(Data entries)
- - -
-- ===== src/Serve/Frames.antt =====
-- What handling one frame of the client keeps.
use mathlib.Core.List.{append_assoc, append-nil}
use bonded.Session.{SessionFrame}
use bonded.Serve.{
  pong, Loop, Service, is_heartbeat, pong_of, log_payload, send_logged, submit, handle_frame,
}
use bonded.Serve.Conserve.{
  due_pong, is_heartbeat-asks_for_pong, pong_of-due_pong, waiting, data_frames, pongs_due,
  pongs_sent, returns_sent, forwards_sent, pongs_sent-append, returns_sent-append,
  forwards_sent-append, Written, send_logged-Written,
}
use bonded.Prelude.{subst, ◌≡◌, Bool, true, false, [], ◌∷◌, ◌++◌, arith, Bool-cases, inl, inr}
use bonded.Serve.Rounds.{can_submit, Balance}

answer_heartbeat :
    (s : Service) (frame : SessionFrame) (l : Loop)
    → is_heartbeat frame ≡ true
    → Written (pong (pong_of frame)) l (handle_frame s frame l)
unfolding handle_frame pong_of send_logged log_payload
answer_heartbeat s frame l h = rw (h, handle_frame) (send_logged-Written s pong (pong_of frame) l)

pub handle_ping :
    (s : Service) (frame : SessionFrame) (l : Loop)
    → is_heartbeat frame ≡ true
    → Written (pong (due_pong frame)) l (handle_frame s frame l)
handle_ping s frame l h =
    subst (λ p. Written (pong p) l (handle_frame s frame l)) (pong_of-due_pong frame h)
      (answer_heartbeat s frame l h)

-- What becomes of a frame that is not a heartbeat.
pub record Submits (s : Service) (frame : SessionFrame) (l : Loop) (r : Bool × Loop) : Type 0 where
  pub submitted : can_submit s ≡ true → r.1.submitted ≡ l.submitted ++ frame ∷ []
  pub waiting_kept : waiting r.1 ≡ waiting l
  pub sent : r.1.sent ≡ l.sent
  pub tun_kept : r.1.tun_queue ≡ l.tun_queue
  pub forward_kept : r.1.forward_queue ≡ l.forward_queue
  pub accepts : r.1.accepts ≡ l.accepts

pub handle_data :
    (s : Service) (frame : SessionFrame) (l : Loop)
    → is_heartbeat frame ≡ false
    → Submits s frame l (handle_frame s frame l)
unfolding handle_frame log_payload submit can_submit
handle_data s frame l h =
    rw (h, handle_frame)
      (record {
        submitted = λ g. ground arith;
        waiting_kept = ground arith;
        sent = ground arith;
        tun_kept = ground arith;
        forward_kept = ground arith;
        accepts = ground arith;
      })

-- `l₁` is `l` with the client's first frame taken off.
pub record Heard (frame : SessionFrame) (l l₁ : Loop) : Type 0 where
  pub heard : waiting l ≡ frame ∷ waiting l₁
  pub submitted : l₁.submitted ≡ l.submitted
  pub sent : l₁.sent ≡ l.sent
  pub tun : l₁.tun_queue ≡ l.tun_queue
  pub forward : l₁.forward_queue ≡ l.forward_queue
  pub accepts : l₁.accepts ≡ l.accepts

handle_ping-Balance :
    (s : Service) (frame : SessionFrame) (l l₁ : Loop)
    → Heard frame l l₁
    → is_heartbeat frame ≡ true
    → Balance s [] [] l (handle_frame s frame l₁)
unfolding data_frames pongs_due pongs_sent returns_sent forwards_sent
handle_ping-Balance s frame l l₁ took ping =
    let w = handle_ping s frame l₁ ping in
    let asks = is_heartbeat-asks_for_pong frame in
    record {
      client = λ h. grind arith;
      answered =
          λ h. grind (arith, pongs_sent-append l₁.sent (pong (due_pong frame) ∷ []), append_assoc);
      returned = λ h g.
          grind (arith, returns_sent-append l₁.sent (pong (due_pong frame) ∷ []), append-nil);
      passed = λ h g f.
          grind (arith, forwards_sent-append l₁.sent (pong (due_pong frame) ∷ []), append-nil);
      sure = λ h. grind arith;
    }

handle_data-Balance :
    (s : Service) (frame : SessionFrame) (l l₁ : Loop)
    → Heard frame l l₁
    → is_heartbeat frame ≡ false
    → Balance s [] [] l (handle_frame s frame l₁)
unfolding data_frames pongs_due
handle_data-Balance s frame l l₁ took plain =
    let w = handle_data s frame l₁ plain in
    let asks = is_heartbeat-asks_for_pong frame in
    record {
      client = λ h. grind (arith, append_assoc);
      answered = λ h. grind arith;
      returned = λ h g. grind (arith, append-nil);
      passed = λ h g f. grind (arith, append-nil);
      sure = λ h. grind arith;
    }

pub handle_frame-Balance :
    (s : Service) (frame : SessionFrame) (l l₁ : Loop)
    → Heard frame l l₁
    → Balance s [] [] l (handle_frame s frame l₁)
handle_frame-Balance s frame l l₁ took = elim (Bool-cases (is_heartbeat frame)) [
  | inl ping ↦ handle_ping-Balance s frame l l₁ took ping
  | inr plain ↦ handle_data-Balance s frame l l₁ took plain
]
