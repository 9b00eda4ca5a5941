-- ===== src/Serve/Branches.antt =====
-- What the branches of a round keep.
use mathlib.Core.List.{append_assoc, append-nil}
use bonded.Session.{SessionFrame}
use bonded.Serve.{
  tun_return, forwarded, Loop, Service, send_logged, handle_frame, Choice, take_tun, take_forward,
  hear, tun_closed, forward_closed, select, next_frame,
}
use bonded.Serve.Conserve.{
  pongs_sent, returns_sent, forwards_sent, returns, forwards, pongs_sent-append,
  returns_sent-append, forwards_sent-append, send_logged-Written,
}
use bonded.Prelude.{
  ◌≡◌, refl, sym, subst, Bool, true, false, none, List, [], ◌∷◌, arith, Bool-cases, inl, inr,
  List-cases, Option-cases,
}
use bonded.Serve.Rounds.{Balance}
use bonded.Serve.Frames.{Heard, handle_frame-Balance}

-- Nothing has happened.
pub idle_Balance : (s : Service) (l : Loop) (on : Bool) → Balance s [] [] l (on, l)
idle_Balance s l on = record {
  client = λ h. refl;
  answered = λ h. refl;
  returned = λ h g. sym (append-nil (returns l));
  passed = λ h g f. sym (append-nil (forwards l));
  sure = λ h. h;
}

take_tun-Balance :
    (s : Service) (frame : SessionFrame) (queue : List SessionFrame) (l : Loop)
    → l.tun_queue ≡ frame ∷ queue
    → Balance s [] [] l (send_logged s tun_return frame (record l { tun_queue = queue }))
unfolding pongs_sent returns_sent forwards_sent
take_tun-Balance s frame queue l there =
    let w = send_logged-Written s tun_return frame (record l { tun_queue = queue }) in
    let sent = tun_return frame ∷ [] in
    record {
      client = λ h. grind arith;
      answered = λ h. grind (arith, pongs_sent-append l.sent sent, append-nil (pongs_sent l.sent));
      returned = λ h g. grind (arith, returns_sent-append l.sent sent, append-nil, append_assoc);
      passed = λ h g f. grind (arith, forwards_sent-append l.sent sent, append-nil);
      sure = λ h. grind arith;
    }

take_forward-Balance :
    (s : Service) (frame : SessionFrame) (queue : List SessionFrame) (l : Loop)
    → l.forward_queue ≡ frame ∷ queue
    → Balance s [] [] l (send_logged s forwarded frame (record l { forward_queue = queue }))
unfolding pongs_sent returns_sent forwards_sent
take_forward-Balance s frame queue l there =
    let w = send_logged-Written s forwarded frame (record l { forward_queue = queue }) in
    let sent = forwarded frame ∷ [] in
    record {
      client = λ h. grind arith;
      answered = λ h. grind (arith, pongs_sent-append l.sent sent, append-nil (pongs_sent l.sent));
      returned = λ h g. grind (arith, returns_sent-append l.sent sent, append-nil);
      passed = λ h g f. grind (arith, forwards_sent-append l.sent sent, append-nil, append_assoc);
      sure = λ h. grind arith;
    }

-- With a bridge, what comes to the forwarder's queue is dropped.
drop_forward-Balance :
    (s : Service) (queue : List SessionFrame) (l : Loop)
    → s.use_tun_bridge ≡ true
    → Balance s [] [] l (true, record l { forward_queue = queue })
drop_forward-Balance s queue l bridged = record {
  client = λ h. refl;
  answered = λ h. refl;
  returned = λ h g. sym (append-nil (returns l));
  passed = λ h g f. ground arith;
  sure = λ h. h;
}

-- To go over to the result that a branch computes to.
by_result :
    (s : Service) (l : Loop) (r r' : Bool × Loop)
    → r ≡ r'
    → Balance s [] [] l r'
    → Balance s [] [] l r
by_result s l r r' e b = subst (Balance s [] [] l) (sym e) b

select-Balance :
    (s : Service) (choice : Choice) (l : Loop)
    → l.pending_frame ≡ none
    → Balance s [] [] l (select s choice l)
unfolding select
select-Balance s take_tun l empty = elim (List-cases l.tun_queue) [
  | inl nothing ↦
      by_result s l (select s take_tun l) (true, l) (ground arith) (idle_Balance s l true)
  | inr (frame, queue, there) ↦
      by_result s l (select s take_tun l)
        (send_logged s tun_return frame (record l { tun_queue = queue })) (ground arith)
        (take_tun-Balance s frame queue l there)
]
select-Balance s take_forward l empty = elim (List-cases l.forward_queue) [
  | inl nothing ↦
      by_result s l (select s take_forward l) (true, l) (ground arith) (idle_Balance s l true)
  | inr (frame, queue, there) ↦
      let rest : Loop = record l { forward_queue = queue } in
      elim (Bool-cases s.use_tun_bridge) [
        | inl bridged ↦
            by_result s l (select s take_forward l) (true, rest) (ground arith)
              (drop_forward-Balance s queue l bridged)
        | inr bridgeless ↦
            by_result s l (select s take_forward l) (send_logged s forwarded frame rest)
              (ground arith) (take_forward-Balance s frame queue l there)
      ]
]
select-Balance s hear l empty = elim (List-cases l.incoming) [
  | inl nothing ↦ by_result s l (select s hear l) (false, l) (ground arith) (idle_Balance s l false)
  | inr (frame, frames, there) ↦
      let rest : Loop = record l { incoming = frames } in
      let took : Heard frame l rest = record {
        heard = ground arith;
        submitted = refl;
        sent = refl;
        tun = refl;
        forward = refl;
        accepts = refl;
      } in
      by_result s l (select s hear l) (handle_frame s frame rest) (ground arith)
        (handle_frame-Balance s frame l rest took)
]
select-Balance s tun_closed l empty = idle_Balance s l false
select-Balance s forward_closed l empty = idle_Balance s l s.use_tun_bridge

pub next_frame-Balance :
    (s : Service) (choice : Choice) (l : Loop) → Balance s [] [] l (next_frame s choice l)
unfolding next_frame
next_frame-Balance s choice l = elim (Option-cases l.pending_frame) [
  | inl nothing ↦
      by_result s l (next_frame s choice l) (select s choice l) (ground arith)
        (select-Balance s choice l nothing)
  | inr (frame, there) ↦
      let rest : Loop = record l { pending_frame = none } in
      let took : Heard frame l rest = record {
        heard = ground arith;
        submitted = refl;
        sent = refl;
        tun = refl;
        forward = refl;
        accepts = refl;
      } in
      by_result s l (next_frame s choice l) (handle_frame s frame rest) (ground arith)
        (handle_frame-Balance s frame l rest took)
]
- - -
→ What you are asked to do
Only the lines from the first line of the records through the line with "(pong_of frame)) l (handle_frame s frame l)" should be reproduced, exactly and with nothing added.

→ Task solution
-- ===== src/Serve/Frames.antt =====
-- What handling one frame of the client keeps.
use mathlib.Core.List.{append_assoc, append-nil}
use bonded.Session.{SessionFrame}
use bonded.Serve.{
  pong, Loop, Service, is_heartbeat, pong_of, log_payload, send_logged, submit, handle_frame,
}
use bonded.Serve.Conserve.{
  due_pong, is_heartbeat-asks_for_pong, pong_of-due_pong, waiting, data_frames, pongs_due,
  pongs_sent, returns_sent, forwards_sent, pongs_sent-append, returns_sent-append,
  forwards_sent-append, Written, send_logged-Written,
}
use bonded.Prelude.{subst, ◌≡◌, Bool, true, false, [], ◌∷◌, ◌++◌, arith, Bool-cases, inl, inr}
use bonded.Serve.Rounds.{can_submit, Balance}

answer_heartbeat :
    (s : Service) (frame : SessionFrame) (l : Loop)
    → is_heartbeat frame ≡ true
    → Written (pong (pong_of frame)) l (handle_frame s frame l)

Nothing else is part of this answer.